#### [Data provided]
▼▼▼

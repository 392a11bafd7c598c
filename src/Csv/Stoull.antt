-- ===== src/Csv/Stoull.antt =====
-- `std::stoull`, by which src/setops/data/csv_data_provider.cpp reads a payload, and the exceptions
-- that the provider throws.
pub mod Decimal
use petace_set_ops.Base.{
  ℕ, ◌+◌, ◌-◌, ◌*◌, ◌^◌, [], ◌∷◌, Bool, true, false, not, ◌||◌, ◌&&◌, Bytes, ◌==◌, ltb, leb,
  if◌then◌else◌, ◌⊎◌, inl, inr,
}

pub data Exception : Type 0 where
  file_path_is_empty file_read_failed items_are_empty stoull_invalid stoull_out_of_range
        vector_too_long :
      Exception

abbrev pub is_digit : ℕ → Bool
is_digit c = leb 48 c && leb c 57

abbrev is_space : ℕ → Bool
is_space c = c == 32 || (leb 9 c && leb c 13)

-- the value of the digits at the front
unfoldable pub read_digits : Bytes → ℕ → ℕ
read_digits [] n = n
read_digits (c ∷ cs) n =
    let rest = read_digits cs (10 * n + (c - 48)) in if is_digit c then rest else n

starts_with_digit : Bytes → Bool
starts_with_digit [] = false
starts_with_digit (c ∷ cs) = is_digit c

-- without its leading spaces
trim : Bytes → Bytes
trim [] = []
trim (c ∷ cs) = let rest = trim cs in if is_space c then rest else c ∷ cs

-- `-` has the result negated in the 64 bits; a magnitude that does not fit them is out of range.
magnitude : Bool → Bytes → Exception ⊎ ℕ
magnitude negative cs =
    let n = read_digits cs 0 in
    if not (starts_with_digit cs)
    then inl stoull_invalid
    else if not (ltb n (2 ^ 64))
    then inl stoull_out_of_range
    else inr (if negative && ltb 0 n then 2 ^ 64 - n else n)

after_sign : Bytes → Exception ⊎ ℕ
after_sign [] = inl stoull_invalid
after_sign (c ∷ cs) =
    if c == 45
    then magnitude true cs
    else if c == 43
    then magnitude false cs
    else magnitude false (c ∷ cs)

unfoldable pub stoull : Bytes → Exception ⊎ ℕ
unfolding read_digits starts_with_digit trim magnitude after_sign
stoull cs = after_sign (trim cs)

▲▲▲

#### [Exercise]
Transcribe the records above from the line holding "is_digit c = leb 48 c && leb c 57" down to the line holding "else inr (if", inclusive, without adding anything.

#### [Solution for this exercise]
is_digit c = leb 48 c && leb c 57

abbrev is_space : ℕ → Bool
is_space c = c == 32 || (leb 9 c && leb c 13)

-- the value of the digits at the front
unfoldable pub read_digits : Bytes → ℕ → ℕ
read_digits [] n = n
read_digits (c ∷ cs) n =
    let rest = read_digits cs (10 * n + (c - 48)) in if is_digit c then rest else n

starts_with_digit : Bytes → Bool
starts_with_digit [] = false
starts_with_digit (c ∷ cs) = is_digit c

-- without its leading spaces
trim : Bytes → Bytes
trim [] = []
trim (c ∷ cs) = let rest = trim cs in if is_space c then rest else c ∷ cs

-- `-` has the result negated in the 64 bits; a magnitude that does not fit them is out of range.
magnitude : Bool → Bytes → Exception ⊎ ℕ
magnitude negative cs =
    let n = read_digits cs 0 in
    if not (starts_with_digit cs)
    then inl stoull_invalid
    else if not (ltb n (2 ^ 64))
    then inl stoull_out_of_range
    else inr (if negative && ltb 0 n then 2 ^ 64 - n else n)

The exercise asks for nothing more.